AVAILABLE RECORDS section start

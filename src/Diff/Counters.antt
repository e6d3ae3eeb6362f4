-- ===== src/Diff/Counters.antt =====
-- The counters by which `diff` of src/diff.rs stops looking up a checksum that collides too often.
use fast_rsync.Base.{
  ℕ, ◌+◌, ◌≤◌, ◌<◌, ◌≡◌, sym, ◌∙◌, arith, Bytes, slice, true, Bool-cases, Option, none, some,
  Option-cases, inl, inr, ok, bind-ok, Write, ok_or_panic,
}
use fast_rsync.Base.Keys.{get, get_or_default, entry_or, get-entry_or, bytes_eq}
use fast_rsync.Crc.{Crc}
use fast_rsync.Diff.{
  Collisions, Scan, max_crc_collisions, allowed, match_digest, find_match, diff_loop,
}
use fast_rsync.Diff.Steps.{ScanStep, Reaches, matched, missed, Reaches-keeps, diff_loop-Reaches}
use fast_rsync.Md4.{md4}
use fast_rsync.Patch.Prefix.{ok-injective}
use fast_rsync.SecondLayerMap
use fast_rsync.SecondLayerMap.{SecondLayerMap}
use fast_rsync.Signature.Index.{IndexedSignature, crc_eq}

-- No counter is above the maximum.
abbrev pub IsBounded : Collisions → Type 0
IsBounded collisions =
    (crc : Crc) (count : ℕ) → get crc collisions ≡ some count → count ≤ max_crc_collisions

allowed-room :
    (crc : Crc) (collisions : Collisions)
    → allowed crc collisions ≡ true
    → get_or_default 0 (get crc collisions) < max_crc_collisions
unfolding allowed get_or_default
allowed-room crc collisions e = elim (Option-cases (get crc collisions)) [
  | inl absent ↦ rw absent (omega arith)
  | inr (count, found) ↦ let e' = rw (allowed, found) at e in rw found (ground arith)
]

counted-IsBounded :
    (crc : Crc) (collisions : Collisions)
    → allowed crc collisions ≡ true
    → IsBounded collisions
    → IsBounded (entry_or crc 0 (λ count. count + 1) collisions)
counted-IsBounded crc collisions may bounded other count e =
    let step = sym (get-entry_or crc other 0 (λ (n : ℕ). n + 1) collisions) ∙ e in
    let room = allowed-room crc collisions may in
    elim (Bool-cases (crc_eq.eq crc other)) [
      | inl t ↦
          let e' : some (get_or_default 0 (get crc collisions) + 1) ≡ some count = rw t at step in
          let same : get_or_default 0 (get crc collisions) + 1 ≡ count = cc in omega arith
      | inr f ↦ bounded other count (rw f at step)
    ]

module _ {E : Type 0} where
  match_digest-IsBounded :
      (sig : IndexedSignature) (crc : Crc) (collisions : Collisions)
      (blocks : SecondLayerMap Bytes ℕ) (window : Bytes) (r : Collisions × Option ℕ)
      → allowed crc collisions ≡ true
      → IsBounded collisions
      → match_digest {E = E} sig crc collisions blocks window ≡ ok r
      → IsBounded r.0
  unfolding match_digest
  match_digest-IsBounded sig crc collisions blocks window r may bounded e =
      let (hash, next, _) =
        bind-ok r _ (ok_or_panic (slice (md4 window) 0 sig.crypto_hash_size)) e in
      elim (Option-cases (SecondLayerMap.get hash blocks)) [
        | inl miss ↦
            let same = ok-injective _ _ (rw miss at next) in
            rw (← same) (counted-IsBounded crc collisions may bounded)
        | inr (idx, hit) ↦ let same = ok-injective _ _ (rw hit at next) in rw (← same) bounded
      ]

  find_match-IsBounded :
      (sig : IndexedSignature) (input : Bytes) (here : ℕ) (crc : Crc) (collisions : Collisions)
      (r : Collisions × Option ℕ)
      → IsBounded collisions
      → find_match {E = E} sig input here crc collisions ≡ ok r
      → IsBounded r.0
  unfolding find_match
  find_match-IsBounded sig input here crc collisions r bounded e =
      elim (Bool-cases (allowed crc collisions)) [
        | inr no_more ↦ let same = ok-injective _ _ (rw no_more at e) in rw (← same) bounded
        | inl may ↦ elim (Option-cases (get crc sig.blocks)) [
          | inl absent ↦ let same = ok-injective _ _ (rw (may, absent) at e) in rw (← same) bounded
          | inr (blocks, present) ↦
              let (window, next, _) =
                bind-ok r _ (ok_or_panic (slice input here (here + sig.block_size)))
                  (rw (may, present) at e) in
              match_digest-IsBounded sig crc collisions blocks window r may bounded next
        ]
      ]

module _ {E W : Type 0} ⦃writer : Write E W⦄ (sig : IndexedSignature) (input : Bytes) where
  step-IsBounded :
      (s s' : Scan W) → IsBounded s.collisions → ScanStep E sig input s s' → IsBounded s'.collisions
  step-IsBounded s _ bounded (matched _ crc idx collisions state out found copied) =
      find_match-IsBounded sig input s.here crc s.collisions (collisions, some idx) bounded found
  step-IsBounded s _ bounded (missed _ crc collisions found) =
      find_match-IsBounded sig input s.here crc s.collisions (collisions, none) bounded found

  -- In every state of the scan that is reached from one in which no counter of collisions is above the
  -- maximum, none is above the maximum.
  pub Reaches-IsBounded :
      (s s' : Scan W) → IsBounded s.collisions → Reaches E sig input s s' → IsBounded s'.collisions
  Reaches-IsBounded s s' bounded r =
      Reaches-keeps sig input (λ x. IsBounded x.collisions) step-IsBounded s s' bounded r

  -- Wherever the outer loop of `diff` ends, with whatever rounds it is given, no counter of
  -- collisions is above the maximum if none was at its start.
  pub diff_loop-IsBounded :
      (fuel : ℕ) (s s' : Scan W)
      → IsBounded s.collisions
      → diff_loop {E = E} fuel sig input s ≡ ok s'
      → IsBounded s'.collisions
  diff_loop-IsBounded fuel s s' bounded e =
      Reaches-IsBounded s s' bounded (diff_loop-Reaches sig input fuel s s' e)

AVAILABLE RECORDS section end

Out of the records above, pull the lines that include the word "maximum".

-- No counter is above the maximum.
  -- maximum, none is above the maximum.
  -- collisions is above the maximum if none was at its start.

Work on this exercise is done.